◆ Data supplied ◆
=== Begin Enclosure ===

-- ===== src/Webhook/Row.antt =====
-- The rows of src/modules/webhook/webhook.repository.ts, and the requests that were sent.
use multi_tenant_collaborati.Common.{ℕ, String, Bool, Option, List}

pub record WebhookRow : Type 0 where
  pub id : ℕ
  pub org_id : ℕ
  pub url : String
  pub secret_hash : String
  pub secret_encrypted : String
  pub secret_preview : String
  pub secret_key_version : ℕ
  pub event_types : List String
  pub is_active : Bool
  pub created_by : ℕ
  pub created_at : ℕ
  pub updated_at : ℕ
  pub deleted_at : Option ℕ

pub data DeliveryStatus : Type 0 where
  pending delivered failed exhausted : DeliveryStatus

-- `response_body` and `error_message` are never written.
pub record WebhookDeliveryLogRow : Type 0 where
  pub id : ℕ
  pub webhook_id : ℕ
  pub org_id : ℕ
  pub event_id : ℕ
  pub event_type : String
  pub status : DeliveryStatus
  pub response_status_code : Option ℕ
  pub attempt_count : ℕ
  pub delivered_at : Option ℕ
  pub created_at : ℕ
  pub updated_at : ℕ

-- A request to a resolved address, with its headers.
pub record Post : Type 0 where
  pub address : String
  pub host : String
  pub signature : String
  pub event_type : String
  pub event_id : ℕ

-- `posts` are the calls of `axios.post`, `followed` the addresses to which their redirects led axios.
pub record WebhookDb : Type 0 where
  pub webhooks : List WebhookRow
  pub delivery_log : List WebhookDeliveryLogRow
  pub posts : List Post
  pub followed : List String
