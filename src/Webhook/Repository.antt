-- ===== src/Webhook/Repository.antt =====
-- `WebhookRepository` of src/modules/webhook/webhook.repository.ts.
use multi_tenant_collaborati.Common.{
  ℕ, ◌+◌, String, Bool, true, false, ◌&&◌, Option, none, some, List, [], ◌∷◌, ◌==◌, if◌then◌else◌,
  is_none, select_first, select, update_where,
}
use multi_tenant_collaborati.Webhook.Row.{
  WebhookRow, DeliveryStatus, pending, delivered, WebhookDeliveryLogRow,
}

pub record CreateWebhookData : Type 0 where
  pub org_id : ℕ
  pub url : String
  pub secret_hash : String
  pub secret_encrypted : String
  pub secret_preview : String
  pub event_types : List String
  pub created_by : ℕ

-- The row that the insert writes; the other columns keep the table's defaults.
abbrev pub new_webhook : ℕ → ℕ → CreateWebhookData → WebhookRow
new_webhook new_id now d = record {
  id = new_id;
  org_id = d.org_id;
  url = d.url;
  secret_hash = d.secret_hash;
  secret_encrypted = d.secret_encrypted;
  secret_preview = d.secret_preview;
  secret_key_version = 1;
  event_types = d.event_types;
  is_active = true;
  created_by = d.created_by;
  created_at = now;
  updated_at = now;
  deleted_at = none;
}

abbrev pub is_webhook : ℕ → ℕ → WebhookRow → Bool
is_webhook id org w = w.id == id && w.org_id == org

abbrev pub is_live_webhook : ℕ → ℕ → WebhookRow → Bool
is_live_webhook id org w = is_webhook id org w && is_none w.deleted_at

unfoldable pub find_webhook : ℕ → ℕ → List WebhookRow → Option WebhookRow
find_webhook id org rows = select_first (is_live_webhook id org) rows

unfoldable pub webhooks_of_org : ℕ → List WebhookRow → List WebhookRow
webhooks_of_org org rows = select (λ w. w.org_id == org && is_none w.deleted_at) rows

unfoldable pub find_active_webhooks : ℕ → List WebhookRow → List WebhookRow
find_active_webhooks org rows =
    select (λ w. w.org_id == org && (w.is_active && is_none w.deleted_at)) rows

abbrev pub with_secret : ℕ → String → String → String → ℕ → WebhookRow → WebhookRow
with_secret now hash encrypted preview version w = record w {
  secret_hash = hash;
  secret_encrypted = encrypted;
  secret_preview = preview;
  secret_key_version = version;
  updated_at = now;
}

unfoldable pub update_secret :
    ℕ → ℕ → ℕ → String → String → String → ℕ → List WebhookRow → List WebhookRow
update_secret now id org hash encrypted preview version rows =
    update_where (is_live_webhook id org) (with_secret now hash encrypted preview version) rows

unfoldable pub soft_delete_webhook : ℕ → ℕ → ℕ → List WebhookRow → List WebhookRow
soft_delete_webhook now id org rows =
    update_where (is_webhook id org) (λ w. record w { deleted_at = some now; is_active = false })
      rows

unfoldable pub find_delivery_log : ℕ → ℕ → List WebhookDeliveryLogRow → Option WebhookDeliveryLogRow
find_delivery_log webhook event rows =
    select_first (λ l. l.webhook_id == webhook && l.event_id == event) rows

abbrev pub new_delivery_log : ℕ → ℕ → ℕ → ℕ → ℕ → String → WebhookDeliveryLogRow
new_delivery_log new_id now webhook org event type = record {
  id = new_id;
  webhook_id = webhook;
  org_id = org;
  event_id = event;
  event_type = type;
  status = pending;
  response_status_code = none;
  attempt_count = 0;
  delivered_at = none;
  created_at = now;
  updated_at = now;
}

abbrev pub is_delivered : DeliveryStatus → Bool
is_delivered delivered = true
is_delivered _ = false

abbrev pub attempted : ℕ → DeliveryStatus → Option ℕ → WebhookDeliveryLogRow → WebhookDeliveryLogRow
attempted now status' code l = record l {
  status = status';
  response_status_code = code;
  attempt_count = l.attempt_count + 1;
  updated_at = now;
  delivered_at = if is_delivered status' then some now else none;
}

-- The types that uses of a parameter ask of it.
pub data SqlType : Type 0 where
  varchar text : SqlType

-- The uses of `$2` in the statement of `updateDeliveryLog`: it is assigned to the VARCHAR column
-- `status`, and compared with the text 'delivered'.
abbrev pub status_uses : List SqlType
status_uses = varchar ∷ text ∷ []

-- `accepts` says whether PostgreSQL finds a type for a parameter with these uses; `none` is its error.
unfoldable pub update_delivery_log :
    (List SqlType → Bool)
    → ℕ
    → ℕ
    → DeliveryStatus
    → Option ℕ
    → List WebhookDeliveryLogRow
    → Option (List WebhookDeliveryLogRow)
update_delivery_log accepts now id status' code rows =
    if accepts status_uses
    then some (update_where (λ l. l.id == id) (attempted now status' code) rows)
    else none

=== End Enclosure ===

◆ Activity ◆
Please output every record exactly as it appears.

◆ Your response ◆
-- ===== src/Webhook/Row.antt =====
-- The rows of src/modules/webhook/webhook.repository.ts, and the requests that were sent.
use multi_tenant_collaborati.Common.{ℕ, String, Bool, Option, List}

pub record WebhookRow : Type 0 where
  pub id : ℕ
  pub org_id : ℕ
  pub url : String
  pub secret_hash : String
  pub secret_encrypted : String
  pub secret_preview : String
  pub secret_key_version : ℕ
  pub event_types : List String
  pub is_active : Bool
  pub created_by : ℕ
  pub created_at : ℕ
  pub updated_at : ℕ
  pub deleted_at : Option ℕ

pub data DeliveryStatus : Type 0 where
  pending delivered failed exhausted : DeliveryStatus

-- `response_body` and `error_message` are never written.
pub record WebhookDeliveryLogRow : Type 0 where
  pub id : ℕ
  pub webhook_id : ℕ
  pub org_id : ℕ
  pub event_id : ℕ
  pub event_type : String
  pub status : DeliveryStatus
  pub response_status_code : Option ℕ
  pub attempt_count : ℕ
  pub delivered_at : Option ℕ
  pub created_at : ℕ
  pub updated_at : ℕ

-- A request to a resolved address, with its headers.
pub record Post : Type 0 where
  pub address : String
  pub host : String
  pub signature : String
  pub event_type : String
  pub event_id : ℕ

-- `posts` are the calls of `axios.post`, `followed` the addresses to which their redirects led axios.
pub record WebhookDb : Type 0 where
  pub webhooks : List WebhookRow
  pub delivery_log : List WebhookDeliveryLogRow
  pub posts : List Post
  pub followed : List String
filename src/Webhook/Repository.antt
-- ===== src/Webhook/Repository.antt =====
-- `WebhookRepository` of src/modules/webhook/webhook.repository.ts.
use multi_tenant_collaborati.Common.{
  ℕ, ◌+◌, String, Bool, true, false, ◌&&◌, Option, none, some, List, [], ◌∷◌, ◌==◌, if◌then◌else◌,
  is_none, select_first, select, update_where,
}
use multi_tenant_collaborati.Webhook.Row.{
  WebhookRow, DeliveryStatus, pending, delivered, WebhookDeliveryLogRow,
}

pub record CreateWebhookData : Type 0 where
  pub org_id : ℕ
  pub url : String
  pub secret_hash : String
  pub secret_encrypted : String
  pub secret_preview : String
  pub event_types : List String
  pub created_by : ℕ

-- The row that the insert writes; the other columns keep the table's defaults.
abbrev pub new_webhook : ℕ → ℕ → CreateWebhookData → WebhookRow
new_webhook new_id now d = record {
  id = new_id;
  org_id = d.org_id;
  url = d.url;
  secret_hash = d.secret_hash;
  secret_encrypted = d.secret_encrypted;
  secret_preview = d.secret_preview;
  secret_key_version = 1;
  event_types = d.event_types;
  is_active = true;
  created_by = d.created_by;
  created_at = now;
  updated_at = now;
  deleted_at = none;
}

abbrev pub is_webhook : ℕ → ℕ → WebhookRow → Bool
is_webhook id org w = w.id == id && w.org_id == org

abbrev pub is_live_webhook : ℕ → ℕ → WebhookRow → Bool
is_live_webhook id org w = is_webhook id org w && is_none w.deleted_at

unfoldable pub find_webhook : ℕ → ℕ → List WebhookRow → Option WebhookRow
find_webhook id org rows = select_first (is_live_webhook id org) rows

unfoldable pub webhooks_of_org : ℕ → List WebhookRow → List WebhookRow
webhooks_of_org org rows = select (λ w. w.org_id == org && is_none w.deleted_at) rows

unfoldable pub find_active_webhooks : ℕ → List WebhookRow → List WebhookRow
find_active_webhooks org rows =
    select (λ w. w.org_id == org && (w.is_active && is_none w.deleted_at)) rows

abbrev pub with_secret : ℕ → String → String → String → ℕ → WebhookRow → WebhookRow
with_secret now hash encrypted preview version w = record w {
  secret_hash = hash;
  secret_encrypted = encrypted;
  secret_preview = preview;
  secret_key_version = version;
  updated_at = now;
}

unfoldable pub update_secret :
    ℕ → ℕ → ℕ → String → String → String → ℕ → List WebhookRow → List WebhookRow
update_secret now id org hash encrypted preview version rows =
    update_where (is_live_webhook id org) (with_secret now hash encrypted preview version) rows

unfoldable pub soft_delete_webhook : ℕ → ℕ → ℕ → List WebhookRow → List WebhookRow
soft_delete_webhook now id org rows =
    update_where (is_webhook id org) (λ w. record w { deleted_at = some now; is_active = false })
      rows

unfoldable pub find_delivery_log : ℕ → ℕ → List WebhookDeliveryLogRow → Option WebhookDeliveryLogRow
find_delivery_log webhook event rows =
    select_first (λ l. l.webhook_id == webhook && l.event_id == event) rows

abbrev pub new_delivery_log : ℕ → ℕ → ℕ → ℕ → ℕ → String → WebhookDeliveryLogRow
new_delivery_log new_id now webhook org event type = record {
  id = new_id;
  webhook_id = webhook;
  org_id = org;
  event_id = event;
  event_type = type;
  status = pending;
  response_status_code = none;
  attempt_count = 0;
  delivered_at = none;
  created_at = now;
  updated_at = now;
}

abbrev pub is_delivered : DeliveryStatus → Bool
is_delivered delivered = true
is_delivered _ = false

abbrev pub attempted : ℕ → DeliveryStatus → Option ℕ → WebhookDeliveryLogRow → WebhookDeliveryLogRow
attempted now status' code l = record l {
  status = status';
  response_status_code = code;
  attempt_count = l.attempt_count + 1;
  updated_at = now;
  delivered_at = if is_delivered status' then some now else none;
}

-- The types that uses of a parameter ask of it.
pub data SqlType : Type 0 where
  varchar text : SqlType

-- The uses of `$2` in the statement of `updateDeliveryLog`: it is assigned to the VARCHAR column
-- `status`, and compared with the text 'delivered'.
abbrev pub status_uses : List SqlType
status_uses = varchar ∷ text ∷ []

-- `accepts` says whether PostgreSQL finds a type for a parameter with these uses; `none` is its error.
unfoldable pub update_delivery_log :
    (List SqlType → Bool)
    → ℕ
    → ℕ
    → DeliveryStatus
    → Option ℕ
    → List WebhookDeliveryLogRow
    → Option (List WebhookDeliveryLogRow)
update_delivery_log accepts now id status' code rows =
    if accepts status_uses
    then some (update_where (λ l. l.id == id) (attempted now status' code) rows)
    else none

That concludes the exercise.